Source code for macauff.make_set_list

# Licensed under a 3-clause BSD style license - see LICENSE
'''
This module hosts the functions to create overlapping groups of "islands" of
objects, astrometrically in common based on relative sky separation compared to
their respective uncertainties across two catalogues.
'''

import itertools
import sys
import warnings

import numpy as np
import scipy.special

__all__ = ['set_list']

from macauff.misc_functions import make_pool



[docs]
def set_list(aindices, bindices, aoverlap, boverlap, n_pool):
    '''
    Creates the inter-catalogue groupings between catalogues "a" and "b", based
    on previously determined individual source "overlaps" in astrometry.

    Parameters
    ----------
    aindices : numpy.ndarray
        The indices into catalogue "b", for each catalogue "a" source, that have
        been determined to be potentially positionally correlated.
    bindices : numpy.ndarray
        The equivalent to ``aindices``, but mapping the overlaps in catalogue "a"
        for each catalogue "b" source.
    aoverlap : numpy.ndarray
        The number of overlaps for each catalogue "a" source (i.e., the length
        of each row in ``aindices`` for each source).
    boverlap : numpy.ndarray
        The equivalent number of overlaps for each catalogue "b" object.
    n_pool : integer
        Number of multiprocessing pools to use when parallelising.

    Returns
    -------
    alist : numpy.ndarray
        The indices of all catalogue "a" sources that are in a common "island"
        group together.

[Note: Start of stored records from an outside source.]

-- ===== src/Library/Sound/Scanned.antt =====
-- Taking over files keeps the invariant, and so does a whole scan.
use my_eink_library.Common.{
  ==_iff, ==_refl, Bool-cases, Option-cases, indicator, Result-cases, and_left, Result, ok, err,
  exists_of_found, find?, exists, update, find?_holds, find?-exists, count-update_keeps,
  count-update_one, find?_unique, exists-update_keeps, Text, text_eq_iff, ℕ, ◌≡◌, refl, ap, ◌∙◌,
  inl, inr, Bool, true, false, Option, none, some, List, [], ◌∷◌, arith,
}
use my_eink_library.Library.Files.{
  insert_file, find_book_by_title_author, upsert_if_changed, CoverSaver, fill_book, insert_location,
  FileState, put_cover, Metadata, insert_book, copy_of, same_work, cover_of, unchanged, saved_cover,
  blank_book, cover_column,
}
use my_eink_library.Library.{
  BookRow, Index, book_has_id, book_at, location_at, set_book, LocationRow,
}
use my_eink_library.Library.Scan.{
  scan_root, scan, scan_roots, scan_entry, Entry, Walk, visited, seen_by,
}
use my_eink_library.Library.Sound.{
  IsSound, update-IsSound, locations-IsSound, append_location-IsSound, orphan, insert-IsSound,
}
use my_eink_library.Library.Sound.Merged.{consolidate_duplicate_titles-IsSound}
use my_eink_library.Library.Sound.Pruned.{prune_missing-IsSound}

-- The columns of a book that other rows refer to.
pub record SameKeys (root : Text) (b c : BookRow) : Type 0 where
  pub id : c.id ≡ b.id
  pub library_root : c.library_root ≡ root
  pub file_path : c.file_path ≡ b.file_path

fill_book-SameKeys :
    (beyond : ℕ → ℕ) (now : ℕ) (root rel_path : Text) (file : FileState) (cover : Option Text)
    (b : BookRow)
    → SameKeys root b (fill_book beyond now root rel_path file cover b)
unfolding fill_book
fill_book-SameKeys beyond now root rel_path file cover b = elim (Result-cases file.parsed) [
  | inl (e, failed) ↦
      rw (failed, fill_book) (record { id = refl; library_root = refl; file_path = refl })
  | inr (meta, read) ↦
      rw (read, fill_book) (record { id = refl; library_root = refl; file_path = refl })
]

put_cover-SameKeys :
    (cover : Option Text) (b : BookRow) → SameKeys b.library_root b (put_cover cover b)
put_cover-SameKeys none b = record { id = refl; library_root = refl; file_path = refl }
put_cover-SameKeys (some p) b = elim (Bool-cases b.has_cover) [
  | inl has ↦ rw has (record { id = refl; library_root = refl; file_path = refl })
  | inr bare ↦ rw bare (record { id = refl; library_root = refl; file_path = refl })
]

refill-IsSound :
    (f : BookRow → BookRow) (root : Text) (b : BookRow) (d : Index)
    → ((c : BookRow) → SameKeys root c (f c))
    → b.library_root ≡ root
    → find? (book_has_id b.id) d.books ≡ some b
    → IsSound d
    → IsSound (set_book b.id f d)
refill-IsSound f root b d keys here found v =
    update-IsSound (book_has_id b.id) f d (λ c. (keys c).id)
      (λ r path. omega (
        arith,
        count-update_one (book_has_id b.id) (book_at r path) f d.books b found (v.ids_unique b.id),
        let same : book_at r path (f b) ≡ book_at r path b =
              rw ((keys b).library_root, (keys b).file_path, here) refl in
            ap indicator same,
      ))
      v

insert_location-IsSound :
    (now id : ℕ) (root rel_path : Text) (file : FileState) (saver : CoverSaver)
    (cover : Option Text) (d : Index)
    → exists (book_has_id id) d.books ≡ true
    → exists (book_at root rel_path) d.books ≡ false
    → exists (location_at root rel_path) d.book_locations ≡ false
    → IsSound d
    → IsSound (insert_location now id root rel_path file saver cover d)
unfolding insert_location
insert_location-IsSound now id root rel_path file saver cover d there no_book no_location v =
    update-IsSound (book_has_id id) (put_cover (saved_cover saver id cover)) _
      (λ c. (put_cover-SameKeys _ c).id)
      (λ r path.
        count-update_keeps (book_has_id id) (book_at r path)
          (put_cover (saved_cover saver id cover)) d.books
          (λ c.
            rw
              (
                (put_cover-SameKeys (saved_cover saver id cover) c).library_root,
                (put_cover-SameKeys (saved_cover saver id cover) c).file_path,
              )
              refl))
      (append_location-IsSound _ d there no_book no_location v)

copy_there :
    (parsed : Result Text Metadata) (id : ℕ) (d : Index)
    → copy_of parsed d ≡ some id
    → exists (book_has_id id) d.books ≡ true
unfolding find_book_by_title_author
copy_there (err e) id d h = cc
copy_there (ok meta) id d h =
    elim (Option-cases (find? (same_work meta.title meta.author) d.books)) [
      | inl missing ↦ absurd (ground (arith, h, missing))
      | inr (b, found) ↦
          exists_of_found (same_work meta.title meta.author) (book_has_id id) d.books b found
            (ground (arith, h, found, ==_iff b.id id))
    ]

insert_file-IsSound :
    (beyond : ℕ → ℕ) (now : ℕ) (root rel_path : Text) (file : FileState) (saver : CoverSaver)
    (d : Index)
    → exists (book_at root rel_path) d.books ≡ false
    → exists (location_at root rel_path) d.book_locations ≡ false
    → IsSound d
    → IsSound (insert_file beyond now root rel_path file saver d)
unfolding insert_file insert_book
insert_file-IsSound beyond now root rel_path file saver d no_book no_location v =
    elim (Option-cases (copy_of file.parsed d)) [
      | inr (id, copy) ↦
          rw (insert_file, copy)
            (insert_location-IsSound now id root rel_path file saver (cover_of file.parsed) d
              (copy_there file.parsed id d copy) no_book no_location v)
      | inl new ↦
          rw (insert_file, new)
            (let keys =
                fill_book-SameKeys beyond now root rel_path file
                  (saved_cover saver d.next_id (cover_of file.parsed))
                  (blank_book d.next_id root rel_path now) in
              insert-IsSound _ d keys.id (rw (keys.library_root, keys.file_path) no_book)
                (rw (keys.library_root, keys.file_path) no_location) v)
    ]

book_found :
    (root rel_path : Text) (b : BookRow) (d : Index)
    → IsSound d
    → find? (book_at root rel_path) d.books ≡ some b
    → (b.library_root ≡ root) × (find? (book_has_id b.id) d.books ≡ some b)
book_found root rel_path b d v found = (
  (text_eq_iff b.library_root root).0
      (and_left _ _ (find?_holds (book_at root rel_path) d.books b found)),
  find?_unique (book_has_id b.id) (book_at root rel_path) d.books b found (==_refl b.id)
      (v.ids_unique b.id),
)

abbrev restat : FileState → LocationRow → LocationRow
restat file k = record k { file_size = file.size; file_mtime = file.mtime }

restat-IsSound :
    (root rel_path : Text) (file : FileState) (d : Index)
    → IsSound d
    → IsSound (record d {
      book_locations = update (location_at root rel_path) (restat file) d.book_locations;
    })
restat-IsSound root rel_path file d v =
    locations-IsSound _ d
      (λ r path.
        rw
          (count-update_keeps (location_at root rel_path) (location_at r path) (restat file)
            d.book_locations (λ k. refl))
          (v.files_unique r path))
      (exists-update_keeps (location_at root rel_path) (orphan d.books) (restat file)
          d.book_locations (λ k. refl)
        ∙ v.locations_owned)
      v

pub upsert_if_changed-IsSound :
    (beyond : ℕ → ℕ) (now : ℕ) (root rel_path : Text) (file : FileState) (saver : CoverSaver)
    (force : Bool) (d : Index)
    → IsSound d
    → IsSound (upsert_if_changed beyond now root rel_path file saver force d)
unfolding upsert_if_changed
upsert_if_changed-IsSound beyond now root rel_path file saver force d v =
    elim (Option-cases (find? (location_at root rel_path) d.book_locations)) [
      | inr (l, l_found) ↦ elim (Bool-cases (unchanged force file l.file_size l.file_mtime)) [
        | inl same ↦ rw (upsert_if_changed, l_found, same) v
        | inr changed ↦
            rw (upsert_if_changed, l_found, changed) (restat-IsSound root rel_path file d v)
      ]
      | inl no_location ↦ elim (Option-cases (find? (book_at root rel_path) d.books)) [
        | inl no_book ↦
            rw (upsert_if_changed, no_location, no_book)
              (insert_file-IsSound beyond now root rel_path file saver d
                (find?-exists (book_at root rel_path) d.books no_book)
                (find?-exists (location_at root rel_path) d.book_locations no_location) v)
        | inr (b, found) ↦ elim (Bool-cases (unchanged force file b.file_size b.file_mtime)) [
          | inl same ↦ rw (upsert_if_changed, no_location, found, same) v
          | inr changed ↦
              rw (upsert_if_changed, no_location, found, changed)
                (refill-IsSound
                  (fill_book beyond now root rel_path file
                    (cover_column (saved_cover saver b.id (cover_of file.parsed))))
                  root b d
                  (fill_book-SameKeys beyond now root rel_path file
                    (cover_column (saved_cover saver b.id (cover_of file.parsed))))
                  (book_found root rel_path b d v found).0 (book_found root rel_path b d v found).1
                  v)
        ]
      ]
    ]

module _ (beyond : ℕ → ℕ) (saver : CoverSaver) (force : Bool) (foreign_keys : Bool) (now : ℕ) where
  scan_entry-IsSound :
      (root : Text) (e : Entry) (d : Index)
      → IsSound d
      → IsSound (scan_entry beyond saver force foreign_keys now root e d)
  unfolding scan_entry
  scan_entry-IsSound root e d v = elim (Bool-cases (visited e)) [
    | inr skipped ↦ rw (scan_entry, skipped) v
    | inl taken ↦ elim (Option-cases e.info) [
      | inl no_stat ↦ rw (scan_entry, taken, no_stat) v
      | inr (file, stat) ↦
          rw (scan_entry, taken, stat)
            (upsert_if_changed-IsSound beyond now root e.rel_path file saver force d v)
    ]
  ]

  scan_root-IsSound :
      (root : Text) (entries : List Entry) (d : Index)
      → IsSound d
      → IsSound (scan_root beyond saver force foreign_keys now root entries d)
  unfolding scan_root
  scan_root-IsSound root [] d v = v
  scan_root-IsSound root (e ∷ entries) d v =
      scan_root-IsSound root entries (scan_entry beyond saver force foreign_keys now root e d)
        (scan_entry-IsSound root e d v)

  scan_roots-IsSound :
      (walks : List Walk) (d : Index)
      → IsSound d
      → IsSound (scan_roots beyond saver force foreign_keys now walks d)
  unfolding scan_roots
  scan_roots-IsSound [] d v = v
  scan_roots-IsSound ((root, entries) ∷ walks) d v =
      scan_roots-IsSound walks (scan_root beyond saver force foreign_keys now root entries d)
        (scan_root-IsSound root entries d v)

  pub scan-IsSound :
      (walks : List Walk) (d : Index)
      → IsSound d
      → IsSound (scan beyond saver force foreign_keys now walks d).1
  unfolding scan
  scan-IsSound walks d v =
      consolidate_duplicate_titles-IsSound foreign_keys now _ _
        (prune_missing-IsSound foreign_keys now (seen_by walks) _ (scan_roots-IsSound walks d v))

Each row of ``alist`` indicates all "a" sources
        potentially positionally correlated.
    blist : numpy.ndarray
        The indices of all catalogue "b" objects in the same groups (as other
        "b" sources, as well as mapping to catalogue "a" objects).
    agrouplengths : numpy.ndarray
        The number of catalogue "a" sources in each unique "island".
    bgrouplengths : numpy.ndarray
        The number of catalogue "b" sources in each island grouping.
    '''
    things = _initial_group_numbering(aindices, bindices, aoverlap, boverlap)
    if len(things) == 3:
        agroup, bgroup, no_fly_list = things
    else:
        agroup, bgroup = things
    groupmax = max(np.amax(agroup), np.amax(bgroup))

    if len(things) == 3:
        no_fly_flag = True
        a_no_fly = no_fly_list[0]
        b_no_fly = no_fly_list[1]
        warnings.warn(f"{len(a_no_fly)}/{len(aoverlap)} catalogue a and {len(b_no_fly)}/{len(boverlap)} "
                      "catalogue b stars were removed for failing to have their island solutions solved. "
                      "Please check any results carefully.")
        sys.stdout.flush()
    else:
        no_fly_flag = False

    agrouplengths = np.zeros(dtype=int, shape=(groupmax,))
    bgrouplengths = np.zeros(dtype=int, shape=(groupmax,))

    for agrp in agroup:
        if agrp > 0:
            agrouplengths[agrp-1] += 1
    for bgrp in bgroup:
        if bgrp > 0:
            bgrouplengths[bgrp-1] += 1

    # Search for any island groupings which are too large to calculate the
    # permutations of reasonably (limiting at 50,000). When considering a set,
    # the total number of matches considered is:
    # sum k from 0 to min(len(a), len(b)) [#] of k-combinations of a times
    # [#] of k-permutations of b, with
    # number of k-combinations = len(a)! / (k! (len(a) - k)!)
    # and number of k-permutations = len(b)! / (len(b) - k)!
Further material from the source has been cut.